Sandwich assay for Anti-HE4 Antibodies
The purified HE4 antigen was diluted in PBS at 0.66 ug/mL and incubated for 1 hour at 37°C to coat the wells of a 96-well Medisorp ELISA plate (Thermo Scientific, Rockford, IL). In addition, PBS was added to separate wells as a negative control. After blocking for 2 hours with 3% BSA/PBS, the plate was washed with wash buffer (0.002 M imidazole, 0.02% Tween 20, 0.5 mM EDTA, 160 mM NaCl). Serum samples were diluted to 1:20 and 1:100 with 3% BSA/PBS was added to both HE4 antigen-coated and background wells and incubated at room temperature for 1 hour. After washing the plate with wash buffer, 1:6,000 diluted horseradish peroxidase–conjugated goat anti-human IgG antibody (Invitrogen, Carlsbad, CA) is added to each well and incubated for 1 hour at room temperature. After washing the plate with wash buffer, SureBlue TMB Microwell Peroxidase Substrate (KPL, Gaithersburg, MD) was added to each well and incubated for 15 min at room temperature before the interaction was terminated by adding the TMB stop solution (KPL, Gaithersburg, MD). OD450 is measured with a Dynatech MR5000 plate reader (Dynatech Laboratories). For each serum sample, optical density values in wells without antigen were subtracted from the optical density value in wells plated with HE4. Data were analyzed either by comparison of optical density values or using a cutoff value to classify an antibody result as positive. The cutoff value was equivalent to the mean optical value (M) for the normal controls plus 1, 2 or 3 SD.

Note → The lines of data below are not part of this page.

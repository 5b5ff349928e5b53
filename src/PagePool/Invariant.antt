-- ===== src/PagePool/Invariant.antt =====
-- The well-formed page list: distinct live pages with disjoint memory and a positive count. Every
-- operation keeps it, and a page is given back exactly when its last reference goes.
use lcompat.Base.{
  ℕ, ◌+◌, ◌^◌, ◌≤◌, ◌<◌, ◌≡◌, ◌≢◌, ◌⊎◌, inl, inr, List, [], ◌∷◌, ◌++◌, arith, ◌==◌, if◌then◌else◌,
  Bool-cases,
}
use lcompat.PagePool.{Page, Pages, Grant, new_page, page_alloc, page_size}

abbrev pub Fresh : ℕ → List Page → Type 0
Fresh p [] = Unit {0}
Fresh p (q ∷ qs) = (q.ptr ≢ p) × Fresh p qs

-- The memory from `addr` on shares no byte with a page.
abbrev pub Apart : (addr size : ℕ) → List Page → Type 0
Apart addr size [] = Unit {0}
Apart addr size (q ∷ qs) = ((addr + size ≤ q.addr) ⊎ (q.addr + q.size ≤ addr)) × Apart addr size qs

abbrev pub PageOk : Page → Type 0
PageOk pg = (pg.ptr ≢ 0) × (0 < pg.refcnt) × (pg.refcnt < 2 ^ 32) × (pg.addr + pg.size < 2 ^ 64)

abbrev pub AllOk : List Page → Type 0
AllOk [] = Unit {0}
AllOk (pg ∷ pgs) = PageOk pg × Fresh pg.ptr pgs × Apart pg.addr pg.size pgs × AllOk pgs

pub record IsValid (k : Pages) : Type 0 where
  pub pages : AllOk k.live

-- What the two allocators promise: an unused `struct page`, and unused memory of that size.
pub record IsUnused (g : Grant) (size : ℕ) (k : Pages) : Type 0 where
  pub page : Fresh g.page k.live
  pub frames : Apart g.frames size k.live
  pub fits : g.frames + size < 2 ^ 64

Fresh-snoc :
    (p : ℕ) (pgs : List Page) (n : Page) → Fresh p pgs → n.ptr ≢ p → Fresh p (pgs ++ (n ∷ []))
Fresh-snoc p [] n f h = (h, tt)
Fresh-snoc p (q ∷ qs) n f h = (f.0, Fresh-snoc p qs n f.1 h)

Apart-snoc :
    (a s : ℕ) (pgs : List Page) (n : Page)
    → Apart a s pgs
    → ((a + s ≤ n.addr) ⊎ (n.addr + n.size ≤ a))
    → Apart a s (pgs ++ (n ∷ []))
Apart-snoc a s [] n f h = (h, tt)
Apart-snoc a s (q ∷ qs) n f h = (f.0, Apart-snoc a s qs n f.1 h)

pub AllOk-snoc :
    (pgs : List Page) (n : Page)
    → AllOk pgs
    → PageOk n
    → Fresh n.ptr pgs
    → Apart n.addr n.size pgs
    → AllOk (pgs ++ (n ∷ []))
AllOk-snoc [] n a o f p = (o, tt, tt, tt)
AllOk-snoc (q ∷ qs) n (qo, qf, qa, rest) o (f, fs) (p, ps) = (
  qo,
  Fresh-snoc q.ptr qs n qf (λ e. f (sym_ne e)),
  Apart-snoc q.addr q.size qs n qa (swap_apart p),
  AllOk-snoc qs n rest o fs ps,
)
  where
    sym_ne : n.ptr ≡ q.ptr → q.ptr ≡ n.ptr
    sym_ne e = cc

    swap_apart :
        ((n.addr + n.size ≤ q.addr) ⊎ (q.addr + q.size ≤ n.addr))
        → ((q.addr + q.size ≤ n.addr) ⊎ (n.addr + n.size ≤ q.addr))
    swap_apart h = omega arith

-- Where what the allocators grant is unused, `lcompat_page_alloc` keeps the page list well-formed on
-- every branch.
pub page_alloc-IsValid :
    (g : Grant) (pool size : ℕ) (k : Pages)
    → IsValid k
    → IsUnused g (if size == 0 then page_size else size) k
    → IsValid (page_alloc g pool size k).1
unfolding page_alloc new_page
page_alloc-IsValid g pool size k v u = elim (Bool-cases (g.page == 0)) [
  | inl e ↦ rw e (ground (arith, v))
  | inr e ↦ ground (
    arith,
    v.pages,
    AllOk-snoc k.live (new_page g pool (if size == 0 then page_size else size)) v.pages,
  )
]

Determination of HE4 antigen in serum and urine
The commercially available kit developed by Fujirebio Diagnostics, Inc. was applied, following manufacturer’s instructions and using 150 pM as the recommended cut-off when assaying sera. Urine samples were evaluated as previously described with the data normalized to creatinine; under the conditions of the tests, an OD value above 2.0 is considered positive.
Statistics
Statistical significance was determined according to Fisher’s exact test, Graphpad software, two-tailed p-values was applied when determining the correlation between antibodies to mesothelin and HE4. The Spearman correlation coefficient comparing anti-mesothelin and anti-HE4 was estimated using SPSS software with p<0.05 considered significant.
Results
Infertile women have antibodies to HE4 more often than controls
Based on the average optical density values (OD), women with infertility more frequently had antibodies to HE4 than controls (Table 1). At a serum dilution of 1:20 and a cutoff value of M+2SD (98% confidence level), 26 subjects from the combined group of 113 infertile women (23%) had antibodies to HE4 (p<0.001), including 8 of 26 (31%) women with POF (p<0.001), 8 of 17 women (47%) with ovulatory dysfunction (p<0.001) and 6 of 47 (13%) women with unexplained infertility (p<0.05); the differences for the POF and ovarian dysfunction groups were still significant at a cutoff value of M+3SD (98% confidence level). Four of 23 women with endometriosis (17%) had anti-HE4 antibodies at a cutoff value of M+2 SD (p<0.01) when sera were tested at a dilution of 1:20. At a dilution of 1:100, significant differences versus controls were detected only for the POF and ovulatory dysfunction groups. The HE4 antigen, detected with the FDI kit using the standard value of 150 pM as the cut-off, was not detected in sera from 31 healthy control subjects, 25 women with POF, 30 women with unexplained infertility or 13 women with endometriosis. In contrast, most patients with OvC have increased levels of HE4 antigen in serum and urine [20].
Table 1.
Positive sera at dilution 1:20 | Positive sera at dilution 1:100 | |||||||||
---|---|---|---|---|---|---|---|---|---|---|
Serum donor | n | M+2SD | M+3SD | n | M+2SD | M+3SD | ||||
N | % pos | n | % pos | n | % pos | n | % pos | |||
Normal controls | 131 | 3 | 2 | 1 | 1 | 82 | 1 | 1 | 1 | 1 |
Unexplained Infertility. | 47 | 6 | 13 | 3 | 6 | 37 | 0 | 0 | 0 | 0 |
POF | 26 | 8 | 31*** | 6 | 24*** | 15 | 2 | 13* | 2 | 13* |
Ovulatory dysfunction | 17 | 8 | 47** | 8 | 47** | 5 | 2 | 40** | 1 | 20 |
Endometriosis | 23 | 4 | 17** | 0 | 0 | 22 | 0 | 0 | 0 | 0 |
| ||||||||||
ALL | 113 | 26 | 23*** | 17 | 15*** | 79 | 4 | 5 | 2 | 3 |
p<0.05
p<0.01
p<0.001
There is a correlation between antibodies to HE4 and to mesothelin
The samples tested for antibodies to HE4 had previously been tested for antibodies to mesothelin [24]. We next investigated whether women forming antibodies to one antigen (mesothelin or HE4) were more likely to also have antibodies to the other antigen. Data summarized in Fig. 1 show with high statistical significance (p<0.0001) that the occurrence of antibodies to HE4 and to mesothelin was correlated within individuals.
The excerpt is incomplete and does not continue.